Building in Bagheria, Italy

Villa Valguarnera is an 18th-century villa in Bagheria, in the Metropolitan City of Palermo. It is known as little Versailles.

==History==
The villa was originally designed for Princess Maria Anna of Gravina by Tommaso Napoli in 1712, and later continued by Giovan Battista Cascione after Napoli's death in 1725. It was eventually finished only in 1761, when it was inherited by Maria Anna's niece Princess Donna Maria Anna Valguarnera. Influenced bu Enlightenment, Valguarnera modified the original project, and enlisted mathematician and architect Niccolò Cento to integrate numerous Masonic symbols into the estate's interiors and grounds. Cento also designed a site plan resembling a monumental key from an aerial perspective, ending in a three-nave temple adjoining the circular courtyard. Among the guests hosted at the villa were Johann Wolfgang von Goethe, Louis Philippe I, Maria Amalia of Naples and Sicily, Maria Carolina of Austria, Karl Friedrich Schinkel, Rudolf Steiner, Carl Linnaeus, Helena Blavatsky and Jiddu Krishnamurti.

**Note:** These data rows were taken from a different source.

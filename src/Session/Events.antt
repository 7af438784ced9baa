-- ===== src/Session/Events.antt =====
-- Subscribing to the events of a session, and their dispatch: `on` and `_dispatch_event` of
-- python/copilot/session.py.
use mathlib.Core.Path.{sym, subst}
use mathlib.Core.List.{Perm}
use copilot_sdk.Prelude.{
  ℕ, ◌≡◌, refl, Bool, true, false, List, [], ◌∷◌, ◌++◌, ◌==◌, if◌then◌else◌, arith, Result, ap,
}
use copilot_sdk.Session.{Session}

-- `h in handlers`
unfoldable pub contains : ℕ → List ℕ → Bool
contains h [] = false
contains h (g ∷ gs) = let rest = contains h gs in if g == h then true else rest

-- `handlers.add(h)` on a set
unfoldable pub add : ℕ → List ℕ → List ℕ
add h gs = if contains h gs then gs else gs ++ h ∷ []

-- `handlers.discard(h)` on a set
unfoldable pub discard : ℕ → List ℕ → List ℕ
discard h [] = []
discard h (g ∷ gs) = let rest = discard h gs in if g == h then rest else g ∷ rest

-- `on`
unfoldable pub subscribe : ℕ → Session → Session
subscribe h s = record s { event_handlers = add h s.event_handlers }

-- The function that `on` returns.
unfoldable pub unsubscribe : ℕ → Session → Session
unsubscribe h s = record s { event_handlers = discard h s.event_handlers }

-- What a call of a handler does: it may raise, and it may change whatever state `W` the application can
-- reach, with this session and others in it.
abbrev pub Calls : Type 0 → Type 0 → Type 0
Calls E W = ℕ → E → W → Result (Unit {0}) × W

-- The loop of `_dispatch_event` over the handlers that it has copied, with a trace of the calls. An
-- exception of a handler is printed, and the loop goes on.
unfoldable pub call_all : {E W : Type 0} → Calls E W → E → List ℕ → W → List ℕ × W
call_all call event [] w = ([], w)
call_all call event (h ∷ hs) w =
    let rest = call_all call event hs (call h event w).1 in (h ∷ rest.0, rest.1)

-- `_dispatch_event` of a session that stands in a state. `order` is the order in which Python lists the set.
unfoldable pub dispatch_event :
    {E W : Type 0} → (List ℕ → List ℕ) → Calls E W → E → Session → W → List ℕ × W
unfolding call_all
dispatch_event order call event s w = call_all call event (order s.event_handlers) w

call_all-all :
    {E W : Type 0} (call : Calls E W) (event : E) (hs : List ℕ) (w : W)
    → (call_all call event hs w).0 ≡ hs
unfolding call_all
call_all-all call event [] w = refl
call_all-all call event (h ∷ hs) w = ap (λ t. h ∷ t) (call_all-all call event hs (call h event w).1)

-- Every handler that is registered when the event arrives is called exactly as often as it stands in
-- the set, whether handlers raise and whatever they change meanwhile, their own session included, and no
-- other handler is called, if Python lists a set without loss.
pub dispatch_event-all :
    {E W : Type 0} (order : List ℕ → List ℕ) (call : Calls E W) (event : E) (s : Session) (w : W)
    → ((hs : List ℕ) → Perm (order hs) hs)
    → Perm (dispatch_event order call event s w).0 s.event_handlers
unfolding dispatch_event
dispatch_event-all order call event s w lists =
    subst (λ hs. Perm hs s.event_handlers)
      (sym (call_all-all call event (order s.event_handlers) w)) (lists s.event_handlers)

pub contains-discard :
    (h g : ℕ) (gs : List ℕ) → contains g (discard h gs) ≡ (if h == g then false else contains g gs)
unfolding contains discard
contains-discard h g [] = ground arith
contains-discard h g (k ∷ gs) = ground (arith, contains-discard h g gs)

discard-absent : (h : ℕ) (gs : List ℕ) → contains h gs ≡ false → discard h gs ≡ gs
unfolding contains discard
discard-absent h [] e = refl
discard-absent h (g ∷ gs) e = ground (arith, discard-absent h gs)

discard-append : (h : ℕ) (gs : List ℕ) → contains h gs ≡ false → discard h (gs ++ h ∷ []) ≡ gs
unfolding contains discard
discard-append h [] e = ground arith
discard-append h (g ∷ gs) e = ground (arith, discard-append h gs)

-- The function that `on` returns undoes the subscription of a handler that was not registered before.
pub unsubscribe-subscribe :
    (h : ℕ) (s : Session) → contains h s.event_handlers ≡ false → unsubscribe h (subscribe h s) ≡ s
unfolding subscribe unsubscribe add
unsubscribe-subscribe h s e =
    let back : discard h (add h s.event_handlers) ≡ s.event_handlers =
      rw e (discard-append h s.event_handlers e) in
    λ i. record s { event_handlers = back i }
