-- ===== src/Session/Waiting.antt =====
-- Sending a message and waiting for the session to be idle: `send` and `send_and_wait` of
-- python/copilot/session.py.
use Prim.Native.String.{◌++◌ as append}
use copilot_sdk.Prelude.{
  ℕ, ErrorKind, if_true, if_both, String, ◌≡◌, refl, ap, ◌∙◌, Bool, true, false, ◌||◌, Option, none,
  some, List, [], ◌∷◌, arith, Result, ok, err, raise, Error, key_error, other_error, timeout_error,
  type_error, ◌>>=◌, or_else, if◌then◌else◌,
}
use copilot_sdk.Value.{Value, null, str, obj, get?, dict}
use copilot_sdk.Session.{Session}
use copilot_sdk.Session.Events.{subscribe, unsubscribe, contains, contains-discard}

-- The events that the code tells apart, and all others.
pub data EventType : Type 0 where
  assistant_message session_idle session_error : EventType
  other_event : String → EventType

-- `message` is `event.data.message`, if the data has one, and `text` is `str(event.data)`.
pub record Event : Type 0 where
  pub type : EventType
  pub message : Option String
  pub text : String

-- `JsonRpcClient.request` as a session uses it: a method and its parameters.
abbrev pub Request : Type 0
Request = String → Value → Result Value

-- `d[k]`
abbrev pub item : String → Value → Result Value
item k (obj fs) = elim (get? k fs) [ none ↦ raise key_error k | some v ↦ ok v ]
item k _ = raise type_error "indices must be integers"

-- `MessageOptions`; a missing option is sent as None.
pub record MessageOptions : Type 0 where
  pub prompt : String
  pub attachments : Option Value
  pub mode : Option Value

-- `send`
unfoldable pub send : Request → MessageOptions → Session → Result Value
send request options s = do
  response ← request "session.send" (
      dict (
        ("sessionId", str s.session_id)
        ∷ ("prompt", str options.prompt)
        ∷ ("attachments", or_else options.attachments null)
        ∷ ("mode", or_else options.mode null)
        ∷ []))
  item "messageId" response

-- The variables of `send_and_wait` that its handler writes.
pub record Waiter : Type 0 where
  pub idle : Bool
  pub error_event : Option Error
  pub last_assistant_message : Option Event

unfoldable pub waiter : Waiter
waiter = record { idle = false; error_event = none; last_assistant_message = none }

abbrev error_text : Event → String
error_text event = append "Session error: " (or_else event.message event.text)

-- What `handler` does for a type of event.
abbrev on_type : EventType → Event → Waiter → Waiter
on_type assistant_message event w = record w { last_assistant_message = some event }
on_type session_idle event w = record w { idle = true }
on_type session_error event w = record w {
  idle = true;
  error_event = some (record { kind = other_error; message = error_text event });
}
on_type (other_event t) event w = w

-- `handler`
unfoldable pub on_event : Event → Waiter → Waiter
on_event event w = on_type event.type event w

-- The events that are dispatched until the caller goes on, in order.
unfoldable pub on_events : List Event → Waiter → Waiter
on_events [] w = w
on_events (e ∷ es) w = on_events es (on_event e w)

abbrev raise_or : Option Error → Option Event → Result (Option Event)
raise_or none m = ok m
raise_or (some e) m = err e

-- The end of the wait: it times out unless the event was set meanwhile.
abbrev finish : Waiter → Result (Option Event)
finish w =
    if w.idle
    then raise_or w.error_event w.last_assistant_message
    else raise timeout_error "Timeout waiting for session.idle"

-- `except asyncio.TimeoutError`: a timeout is raised again with another text, also one that `send` raised.
unfoldable pub rewrite_timeout : ErrorKind → Error → Error
rewrite_timeout timeout_error e = record {
  kind = timeout_error;
  message = "Timeout waiting for session.idle";
}
rewrite_timeout _ e = e

abbrev except_timeout : Result (Option Event) → Result (Option Event)
except_timeout (ok m) = ok m
except_timeout (err e) = err (rewrite_timeout e.kind e)

-- `send_and_wait`, given the events that are dispatched from the subscription until the wait is over, the
-- handler that it makes, and what else happens to the session meanwhile. The handler is subscribed before
-- `send` and taken away at the end, whether the method raises or not.
unfoldable pub send_and_wait :
    Request
    → MessageOptions
    → List Event
    → ℕ
    → (Session → Session)
    → Session
    → Result (Option Event) × Session
unfolding on_events waiter
send_and_wait request options events handler meanwhile s = (
  except_timeout (send request options s >>= λ _. finish (on_events events waiter)),
  unsubscribe handler (meanwhile (subscribe handler s)),
)

abbrev ends_type : EventType → Bool
ends_type session_idle = true
ends_type session_error = true
ends_type _ = false

abbrev is_error : EventType → Bool
is_error session_error = true
is_error _ = false

abbrev is_message : EventType → Bool
is_message assistant_message = true
is_message _ = false

-- Some event of the list is of a type.
unfoldable pub any : (EventType → Bool) → List Event → Bool
any p [] = false
any p (e ∷ es) = p e.type || any p es

abbrev or_later : Option Event → Option Event → Option Event
or_later e none = e
or_later e (some f) = some f

abbrev keep_if : Bool → Event → Option Event
keep_if true e = some e
keep_if false e = none

-- The last event of the list of a type.
unfoldable pub last_of : (EventType → Bool) → List Event → Option Event
last_of p [] = none
last_of p (e ∷ es) = or_later (keep_if (p e.type) e) (last_of p es)

idle-on_event : (e : Event) (w : Waiter) → (on_event e w).idle ≡ (w.idle || ends_type e.type)
unfolding on_event
idle-on_event e w = ground arith

idle-on_events :
    (es : List Event) (w : Waiter) → (on_events es w).idle ≡ (w.idle || any ends_type es)
unfolding on_events any
idle-on_events [] w = ground arith
idle-on_events (e ∷ es) w = idle-on_events es (on_event e w) ∙ ground (arith, idle-on_event e w)

message-on_event :
    (e : Event) (w : Waiter)
    → (on_event e w).last_assistant_message
      ≡ or_later w.last_assistant_message (keep_if (is_message e.type) e)
unfolding on_event
message-on_event e w = ground arith

message-on_events :
    (es : List Event) (w : Waiter)
    → (on_events es w).last_assistant_message
      ≡ or_later w.last_assistant_message (last_of is_message es)
unfolding on_events last_of
message-on_events [] w = refl
message-on_events (e ∷ es) w =
    message-on_events es (on_event e w)
    ∙ ap (λ m. or_later m (last_of is_message es)) (message-on_event e w)
    ∙ or_later-assoc w.last_assistant_message (keep_if (is_message e.type) e)
        (last_of is_message es)
  where
    or_later-assoc : (a b c : Option Event) → or_later (or_later a b) c ≡ or_later a (or_later b c)
    or_later-assoc a b none = refl
    or_later-assoc a b (some c) = refl

-- The exception that `handler` makes of an error event.
abbrev pub session_failure : Event → Error
session_failure e = record { kind = other_error; message = error_text e }

abbrev failure_after : Option Error → Option Event → Option Error
failure_after old none = old
failure_after old (some e) = some (session_failure e)

failure-on_event :
    (e : Event) (w : Waiter)
    → (on_event e w).error_event ≡ failure_after w.error_event (keep_if (is_error e.type) e)
unfolding on_event
failure-on_event e w = ground arith

failure-on_events :
    (es : List Event) (w : Waiter)
    → (on_events es w).error_event ≡ failure_after w.error_event (last_of is_error es)
unfolding on_events last_of
failure-on_events [] w = refl
failure-on_events (e ∷ es) w =
    failure-on_events es (on_event e w)
    ∙ ap (λ m. failure_after m (last_of is_error es)) (failure-on_event e w)
    ∙ later w.error_event (keep_if (is_error e.type) e) (last_of is_error es)
  where
    later :
        (a : Option Error) (b c : Option Event)
        → failure_after (failure_after a b) c ≡ failure_after a (or_later b c)
    later a b none = refl
    later a b (some c) = refl

-- What a caller of `send_and_wait` gets for the events that arrive: a timeout unless one of them is
-- an idle or an error event, the last error if there is one, and else the last assistant message.
abbrev pub expected : List Event → Result (Option Event)
expected events =
    if any ends_type events
    then raise_or (failure_after none (last_of is_error events)) (last_of is_message events)
    else raise timeout_error "Timeout waiting for session.idle"

or_later-none : (m : Option Event) → or_later none m ≡ m
or_later-none none = refl
or_later-none (some e) = refl

handler-gone :
    (handler : ℕ) (s : Session) → contains handler (unsubscribe handler s).event_handlers ≡ false
unfolding unsubscribe
handler-gone handler s =
    contains-discard handler handler s.event_handlers
    ∙ if_true false (contains handler s.event_handlers) (ground arith)

expected-kept : (events : List Event) → except_timeout (expected events) ≡ expected events
unfolding rewrite_timeout
expected-kept events =
    if_both (λ r. except_timeout r ≡ r) (any ends_type events)
      (kept (last_of is_error events) (last_of is_message events)) refl
  where
    kept :
        (e m : Option Event)
        → except_timeout (raise_or (failure_after none e) m) ≡ raise_or (failure_after none e) m
    kept none m = refl
    kept (some e) m = refl

finished : (events : List Event) → finish (on_events events waiter) ≡ expected events
unfolding waiter any
finished events = rw (idle-on_events events waiter) (
    rw (message-on_events events waiter)
      (rw (failure-on_events events waiter) (rw (or_later-none (last_of is_message events)))))

-- `send_and_wait` after a message that was sent: a timeout if no idle and no error event arrives,
-- else the exception of the last error event if there is one, else the last assistant message, or None
-- if there was none. Other events change nothing. In every case its own handler is not subscribed any more
-- when it ends, whatever else has happened to the session.
pub send_and_wait-expected :
    (request : Request) (options : MessageOptions) (events : List Event) (handler : ℕ)
    (meanwhile : Session → Session) (s : Session) (id : Value)
    → send request options s ≡ ok id
    → let r = send_and_wait request options events handler meanwhile s in
      (r.0 ≡ expected events) × (contains handler r.1.event_handlers ≡ false)
unfolding send_and_wait
send_and_wait-expected request options events handler meanwhile s id sent = (
  ap (λ r. except_timeout (r >>= λ _. finish (on_events events waiter))) sent
      ∙ ap except_timeout (finished events)
      ∙ expected-kept events,
  handler-gone handler (meanwhile (subscribe handler s)),
)

-- If sending fails, the caller does not wait, and gets that exception, but for a timeout, whose text is
-- replaced; the handler is taken away as well.
pub send_and_wait-unsent :
    (request : Request) (options : MessageOptions) (events : List Event) (handler : ℕ)
    (meanwhile : Session → Session) (s : Session) (e : Error)
    → send request options s ≡ err e
    → let r = send_and_wait request options events handler meanwhile s in
      (r.0 ≡ err (rewrite_timeout e.kind e)) × (contains handler r.1.event_handlers ≡ false)
unfolding send_and_wait
send_and_wait-unsent request options events handler meanwhile s e sent = (
  ap (λ r. except_timeout (r >>= λ _. finish (on_events events waiter))) sent,
  handler-gone handler (meanwhile (subscribe handler s)),
)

Differently by many historic villas of the era, the villa has not been modernized, and has preserved its original appearance. In 2015, it served as the setting for a Dolce & Gabbana commercial directed by Giuseppe Tornatore and starring Sophia Loren. In 2019, it was used as a location in Ferzan Özpetek's film The Goddess of Fortune. In 2020, it hosted the wedding ceremony between Radiohead's singer Thom Yorke and actress Dajana Roncione. In 2026, it was chosen by singer Dua Lipa and actor Callum Turner for their second wedding ceremony.